Reproduce word for word the lines between those holding "the agent service" and "unfolding is_domain_error change_error", inclusive, and nothing else from the data below.

--- START ---

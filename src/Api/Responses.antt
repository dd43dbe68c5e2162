-- ===== src/Api/Responses.antt =====
-- The response schemas of the agent routes, and their construction from domain objects.
-- `mask_secrets` is the function of domain/output_guard.py on a text.
use kelvin_assistant.Prelude.{ℕ, Bool, Option, none, some, List, map, Text, is_empty, if◌then◌else◌}
use kelvin_assistant.Domain.Json.{Fields}
use kelvin_assistant.Domain.Agent.Status.{
  AgentStatus, ToolRisk, ToolPolicyDecision, ApprovalDecision,
}
use kelvin_assistant.Domain.Agent.Run.{AgentRun}
use kelvin_assistant.Domain.Agent.Tools.{ToolProposal, ToolApproval, ToolExecutionResult}
use kelvin_assistant.Api.Program.{Steps}

pub record AgentRunResponse : Type 0 where
  pub id : ℕ
  pub goal : Text
  pub status : AgentStatus
  pub step_count : ℕ
  pub max_steps : ℕ
  pub version : ℕ
  pub workspace_id : Option Text
  pub created_at : Option ℕ
  pub updated_at : Option ℕ

pub record AgentToolProposalResponse : Type 0 where
  pub run : AgentRunResponse
  pub tool_call_id : ℕ
  pub tool_name : Text
  pub arguments : Fields
  pub reason : Text
  pub expected_effect : Text
  pub risk : ToolRisk
  pub policy_decision : ToolPolicyDecision
  pub policy_reason : Text
  pub approval_status : Option ApprovalDecision

pub record AgentToolResultResponse : Type 0 where
  pub run : AgentRunResponse
  pub tool_call_id : ℕ
  pub tool_name : Text
  pub succeeded : Bool
  pub output : Text
  pub error : Option Text
  pub truncated : Bool
  pub duration_ms : ℕ

pub record AgentStepResponse : Type 0 where
  pub tool_call_id : ℕ
  pub tool_name : Text
  pub arguments : Fields
  pub reason : Text
  pub expected_effect : Text
  pub risk : ToolRisk
  pub policy_decision : ToolPolicyDecision
  pub policy_reason : Text
  pub approval_status : Option ApprovalDecision
  pub approval_decided_by : Option Text
  pub approval_decided_at : Option ℕ
  pub created_at : ℕ
  pub updated_at : ℕ
  pub closed_at : Option ℕ
  pub succeeded : Option Bool
  pub output : Option Text
  pub error : Option Text
  pub truncated : Option Bool
  pub duration_ms : Option ℕ

-- The bodies that the handlers return.
pub data Response : Type 0 where
  run_body : AgentRunResponse → Response
  runs_body : List AgentRunResponse → Response
  detail_body : AgentRunResponse → List AgentStepResponse → Response
  clarify_body : AgentRunResponse → (question reason : Text) → Response
  complete_body : AgentRunResponse → (summary : Text) → Response
  tool_body : AgentToolProposalResponse → Response
  proposal_body : AgentToolProposalResponse → Response
  result_body : AgentToolResultResponse → Response

abbrev pub optional : {A B : Type 0} → (A → B) → Option A → Option B
optional f none = none
optional f (some a) = some (f a)

abbrev optional_join : {A B : Type 0} → (A → Option B) → Option A → Option B
optional_join f none = none
optional_join f (some a) = f a

abbrev or_else : ℕ → Option ℕ → ℕ
or_else now none = now
or_else now (some t) = t

module _ (mask_secrets : Text → Text) where
  -- `_agent_run_response`
  unfoldable pub agent_run_response : AgentRun → AgentRunResponse
  agent_run_response run = record {
    id = run.id;
    goal = mask_secrets run.goal;
    status = run.status;
    step_count = run.step_count;
    max_steps = run.max_steps;
    version = run.version;
    workspace_id = run.workspace_id;
    created_at = run.created_at;
    updated_at = run.updated_at;
  }

  -- `_tool_proposal_response`
  unfoldable pub tool_proposal_response : ToolProposal → AgentToolProposalResponse
  unfolding agent_run_response
  tool_proposal_response proposal = record {
    run = agent_run_response proposal.run;
    tool_call_id = proposal.call.id;
    tool_name = proposal.call.name;
    arguments = proposal.call.arguments;
    reason = mask_secrets proposal.call.reason;
    expected_effect = mask_secrets proposal.call.expected_effect;
    risk = proposal.call.risk;
    policy_decision = proposal.policy_result.decision;
    policy_reason = mask_secrets proposal.policy_result.reason;
    approval_status = optional (λ (a : ToolApproval). a.decision) proposal.approval;
  }

  -- `_tool_result_response`
  unfoldable pub tool_result_response : AgentRun → ToolExecutionResult → AgentToolResultResponse
  unfolding agent_run_response
  tool_result_response run result = record {
    run = agent_run_response run;
    tool_call_id = result.tool_call_id;
    tool_name = result.tool_name;
    succeeded = result.succeeded;
    output = mask_secrets result.output;
    error = optional mask_secrets result.error;
    truncated = result.truncated;
    duration_ms = result.duration_ms;
  }

  -- `mask_secrets(text) if text else None`
  abbrev masked_if_given : Text → Option Text
  masked_if_given text = if is_empty text then none else some (mask_secrets text)

  -- One entry of the loop in `get_agent_run`
  unfoldable pub step_response :
      (now : ℕ) → ToolProposal × Option ToolExecutionResult → AgentStepResponse
  step_response now (proposal, result) = record {
    tool_call_id = proposal.call.id;
    tool_name = proposal.call.name;
    arguments = proposal.call.arguments;
    reason = mask_secrets proposal.call.reason;
    expected_effect = mask_secrets proposal.call.expected_effect;
    risk = proposal.call.risk;
    policy_decision = proposal.policy_result.decision;
    policy_reason = proposal.policy_result.reason;
    approval_status = optional (λ (a : ToolApproval). a.decision) proposal.approval;
    approval_decided_by = optional_join (λ (a : ToolApproval). a.decided_by) proposal.approval;
    approval_decided_at = optional_join (λ (a : ToolApproval). a.decided_at) proposal.approval;
    created_at = or_else now proposal.run.created_at;
    updated_at = or_else now proposal.run.updated_at;
    closed_at = none;
    succeeded = optional (λ (r : ToolExecutionResult). r.succeeded) result;
    output = optional_join (λ (r : ToolExecutionResult). masked_if_given r.output) result;
    error =
        optional_join (λ (r : ToolExecutionResult). optional_join masked_if_given r.error) result;
    truncated = optional (λ (r : ToolExecutionResult). r.truncated) result;
    duration_ms = optional (λ (r : ToolExecutionResult). r.duration_ms) result;
  }

  unfoldable pub detail_response : (now : ℕ) → AgentRun → Steps → Response
  unfolding agent_run_response step_response
  detail_response now run steps =
      detail_body (agent_run_response run) (map (step_response now) steps)
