-- ===== src/Api/RouteErrors.antt =====
-- The `except` clauses of api/agent_routes.py: which HTTP error an exception becomes. The detail of an
-- HTTP error is not modelled.
use kelvin_assistant.Prelude.{Bool, true, false, if◌then◌else◌}
use kelvin_assistant.Prelude.Result.{
  Exception, raise, agent_domain_error, invalid_transition_error, step_limit_error,
  agent_service_error, run_not_found_error, run_conflict_error, proposal_not_found_error,
  planner_domain_error, http_error,
}
use kelvin_assistant.Api.Program.{Program, done}

-- `isinstance(exc, AgentDomainError)`
unfoldable pub is_domain_error : Exception → Bool
is_domain_error agent_domain_error = true
is_domain_error invalid_transition_error = true
is_domain_error step_limit_error = true
is_domain_error _ = false

-- The `except` clauses of `create_agent_run`
unfoldable pub creation_error : Exception → Exception
unfolding is_domain_error
creation_error planner_domain_error = http_error 422
creation_error run_conflict_error = http_error 409
creation_error e = if is_domain_error e then http_error 422 else e

-- The `except` clauses of the handlers that change a run by the agent service
unfoldable pub change_error : Exception → Exception
change_error run_not_found_error = http_error 404
change_error agent_service_error = http_error 409
change_error run_conflict_error = http_error 409
change_error e = e

-- The `except` clauses of `propose_agent_tool`
unfoldable pub proposal_error : Exception → Exception
unfolding is_domain_error change_error
proposal_error e = if is_domain_error e then http_error 422 else change_error e

-- The `except` clauses of `resolve_agent_tool_approval`
unfoldable pub approval_error : Exception → Exception
unfolding change_error
approval_error proposal_not_found_error = http_error 404
approval_error e = change_error e

-- The `except` clauses of `submit_agent_tool_result`
unfoldable pub result_error : Exception → Exception
unfolding is_domain_error approval_error
result_error e = if is_domain_error e then http_error 422 else approval_error e

abbrev pub raising : {A : Type 0} → (Exception → Exception) → Exception → Program A
raising f e = done (raise (f e))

--- END ---

Reply.
-- The `except` clauses of the handlers that change a run by the agent service
unfoldable pub change_error : Exception → Exception
change_error run_not_found_error = http_error 404
change_error agent_service_error = http_error 409
change_error run_conflict_error = http_error 409
change_error e = e

-- The `except` clauses of `propose_agent_tool`
unfoldable pub proposal_error : Exception → Exception
unfolding is_domain_error change_error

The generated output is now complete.